Mixture of Experts (MoE) is a technique used by DeepSeek's architecture that uses multiple internal "experts" to answer a prompt. These models will have a larger parameter count, but only have a fraction of those parameters activated at one time. The computer will only have to work on the "active" parameters, while the rest of the parameters or "experts" are stored in RAM. This allows for smarter models in a smaller active footprint, with the downside of needing more RAM.
Thankfully, I now have ~22GB of RAM to work with on my Halo node. Here are some of the competitors in the MoE space that fit on Halo:
| Model | Score |
tg128 (t/s) |
|---|---|---|
| Qwen3.6-35B-A3B | 43 | 7.37 |
| Qwen3.5-35B-A3B | 37 | 7.48 |
| gpt-oss-20B | 24 | 8.27 |
| Qwen3-30B-A3B | 22 | 13.25 |
Quantization matters, and Unsloth has provided a version of Qwen3.6 with an extremely low memory footprint while not losing out on much intelligence.
The context the model uses can also be quantized, which I've set to iq4_nl, a modern quantization to fit as much info as possible into each piece of context.
The combination of these two allows for higher inference speeds and lower VRAM usage.
For chatbots and agents, priorities lie in speed and long-context memory for tool use. For example, you wouldn't want a model to die halfway through a conversation or scraping 10 webpages. For this use case, I've selected Qwen3.5-2B for its fast speed and small memory footprint, as well as tool usage and instruction following capabilities.
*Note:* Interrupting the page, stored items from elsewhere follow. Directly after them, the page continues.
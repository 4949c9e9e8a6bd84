-- ===== src/Race.antt =====
-- src/client.rs: `connect` in its steps, among those of the task that it spawns for the connection. The
-- task sets the status when the loops have ended, and holds the lock of the status until it has cleaned
-- up: what `connect` does with the status then waits. An operation of the caller is one step up to its wait on
-- the channel: that the task may come between its test of the status and the rest is not modelled.
pub mod Fit
pub mod Agree
pub mod Status
pub mod Stale
use mesquitte_client.Base.{
  ℕ, ◌≡◌, ◌≢◌, Bool, true, false, Option, some, List, [], ◌∷◌, ◌++◌, if◌then◌else◌,
}
use mesquitte_client.Codec.{Codec}
use mesquitte_client.Token.{
  Token, TokenError, connect_failed, packet_error, flow_complete, new_connect,
}
use mesquitte_client.Pkid.{PacketIds, clean_up}
use mesquitte_client.Packets.{VariablePacket, ConnectPacket}
use mesquitte_client.State.{Cache, World}
use mesquitte_client.Options.{ClientOptions}
use mesquitte_client.Client.{
  MqttClient, ConnectStatus, client_new, FirstFrame, ended, broken, frame, Dial, mark_session,
  fail_connect, refuse_connect, renew, build_connect_packet, connect, ready,
}
use mesquitte_client.System.{
  empty_heap, cleaned, TaskStep, Step, tasks, drops, publishes, subscribes, subscribes_multiple,
  unsubscribes, disconnects, connects, starts_over,
}

-- Where `connect` is, with the cell of its token: it waits for the transport, for the first frame, or has
-- spawned the task and has yet to set the status.
pub data Phase : Type 0 where
  resting : Phase
  dialing : ℕ → Phase
  greeting : ℕ → Phase
  spawned : ℕ → Bool → Phase

-- The connection of the client's shared state: its task waits for the loops, of which one may have ended; the
-- wait is over, and the task has yet to set the status; it has set it, and has yet to clean up; or there is
-- none.
pub data Link : Type 0 where
  up over down closed : Link

-- The client with its call of `connect` and its connection
pub record Racing (k : Codec) (c : Cache k.PublishPacket) : Type 0 where
  pub client : MqttClient k c
  pub phase : Phase
  pub link : Link

module _ {k : Codec} {c : Cache k.PublishPacket} where
  abbrev pub at_rest : MqttClient k c → Link → Racing k c
  at_rest client link = record { client = client; phase = resting; link = link }

  -- The caller waits or works, and `connect` has not been called.
  abbrev pub race_new : ClientOptions → ℕ → Racing k c
  race_new options now = at_rest (client_new options now (empty_heap k)) closed

  -- `connect` ends.
  abbrev pub rest : MqttClient k c → Racing k c → Racing k c
  rest client race = record race { client = client; phase = resting }

  -- `connect` up to the call of the transport, on a client that is disconnected
  unfoldable pub begin : Racing k c → Racing k c
  begin race =
      let (r, tokens) = new_connect race.client.world.tokens in
      record race {
        client = record (race.client) {
          world = record (race.client.world) { tokens = tokens };
          connect_status = ConnectStatus.connecting;
        };
        phase = dialing r;
      }

  -- The new shared state, and the task that is spawned with it
  unfoldable pub spawn : ℕ → ℕ → Bool → Racing k c → Racing k c
  unfolding renew
  spawn now r session_present race = record {
    client = record (race.client) {
      world = record (race.client.world) { state = renew now race.client.world.state };
    };
    phase = spawned r session_present;
    link = up;
  }

  -- The match on the first frame
  abbrev pub receive : ℕ → ℕ → FirstFrame k → Racing k c → Racing k c
  receive now r ended race = rest (fail_connect (connect_failed 0) r race.client) race
  receive now r (broken e) race = rest (fail_connect (packet_error e) r race.client) race
  receive now r (frame (VariablePacket.connack code session_present)) race =
      if k.is_accepted code
      then spawn now r session_present race
      else rest (refuse_connect code r race.client) race
  receive now r (frame _) race =
      rest (fail_connect (packet_error "Not Connack Packet") r race.client) race

  -- What `connect` does after it has spawned the task
  unfoldable pub conclude : ℕ → Bool → Racing k c → Racing k c
  conclude r session_present race =
      rest
        (record (race.client) {
          world = record (race.client.world) {
            tokens =
                flow_complete (Token.connect r)
                  (mark_session session_present r race.client.world.tokens);
          };
          connect_status = ConnectStatus.connected;
          manual_disconnect = false;
        })
        race

  -- The task, when its wait for the loops is over: it sets the status …
  unfoldable pub lose : Racing k c → Racing k c
  lose race = record race {
    client = record (race.client) { connect_status = ConnectStatus.disconnected };
    link = down;
  }

  -- … and cleans up.
  unfoldable pub clean : Racing k c → Racing k c
  clean race = record race {
    client = record (race.client) { world = cleaned race.client.world };
    link = closed;
  }

  -- Whether a step is one of the caller's operations, `connect` aside.
  abbrev pub by_caller : {client client' : MqttClient k c} → Step client client' → Bool
  by_caller (tasks _ _ _) = false
  by_caller (drops _) = false
  by_caller (connects _ _ _ _ _) = false
  by_caller (publishes _ _ _ _ _ _ _ _ _) = true
  by_caller (subscribes _ _ _ _ _ _ _ _) = true
  by_caller (subscribes_multiple _ _ _ _ _ _ _) = true
  by_caller (unsubscribes _ _ _ _ _ _) = true
  by_caller (disconnects _ _ _ _ _) = true
  by_caller (starts_over _) = true

  -- A step of the tasks, of the caller, of `connect`, or of the task of a connection.
  pub data Move : Racing k c → Racing k c → Type 0 where
    works :
        (race : Racing k c) (w' : World k c)
        → TaskStep race.client.world w'
        → Move race (record race { client = record (race.client) { world = w' } })
    calls :
        (race : Racing k c) (client' : MqttClient k c)
        → race.phase ≡ resting
        → (s : Step race.client client') → by_caller s ≡ true
        → Move race (record race { client = client' })
    repeats :
        (now : ℕ) (dial : Dial k) (race : Racing k c) (client' : MqttClient k c)
        → race.phase ≡ resting
        → race.client.connect_status ≢ ConnectStatus.disconnected
        → (connect now dial race.client).1 ≡ ready client'
        → Move race (record race { client = client' })
    begins :
        (race : Racing k c)
        → race.phase ≡ resting
        → race.link ≢ down
        → race.client.connect_status ≡ ConnectStatus.disconnected
        → Move race (begin race)
    is_refused :
        (e : TokenError) (r : ℕ) (race : Racing k c)
        → race.phase ≡ dialing r
        → Move race (rest (fail_connect e r race.client) race)
    greets :
        (packet : ConnectPacket k) (r : ℕ) (race : Racing k c)
        → race.phase ≡ dialing r
        → build_connect_packet k race.client.options ≡ some packet
        → Move race (record race { phase = greeting r })
    receives :
        (now r : ℕ) (first : FirstFrame k) (race : Racing k c)
        → race.phase ≡ greeting r
        → Move race (receive now r first race)
    finishes :
        (r : ℕ) (session_present : Bool) (race : Racing k c)
        → race.phase ≡ spawned r session_present
        → race.link ≢ down
        → Move race (conclude r session_present race)
    ends : (race : Racing k c) → race.link ≡ up → Move race (record race { link = over })
    loses : (race : Racing k c) → race.link ≡ over → Move race (lose race)
    cleans : (race : Racing k c) → race.link ≡ down → Move race (clean race)

  pub data Moves : Racing k c → Racing k c → Type 0 where
    stays : (race : Racing k c) → Moves race race
    goes_on :
        {race race' race'' : Racing k c} → Moves race race' → Move race' race'' → Moves race race''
For reasoning and high-level thinking, I've selected Qwen3.6-35B-A3B for the same reasons as Qwen3.5-2B, but bigger. Previously, Qwen3.5-35B's score of 37 on the leaderboard is equivalent to Claude 4.5 Haiku, which had only released 4 months earlier. Qwen3.6 presents a bump in coding and other abilities to score at 43, scoring above GPT-5 Mini, DeepSeek V3.2, and GLM 4.7. I don't mind waiting a little longer for stronger reasoning, so this model is more for sending bulk work and coming back to it later.
Using LLM benchmark leaderboards and comparing their performance on my hardware, I've found models that fit into my use cases while being competitive with free services that require an account.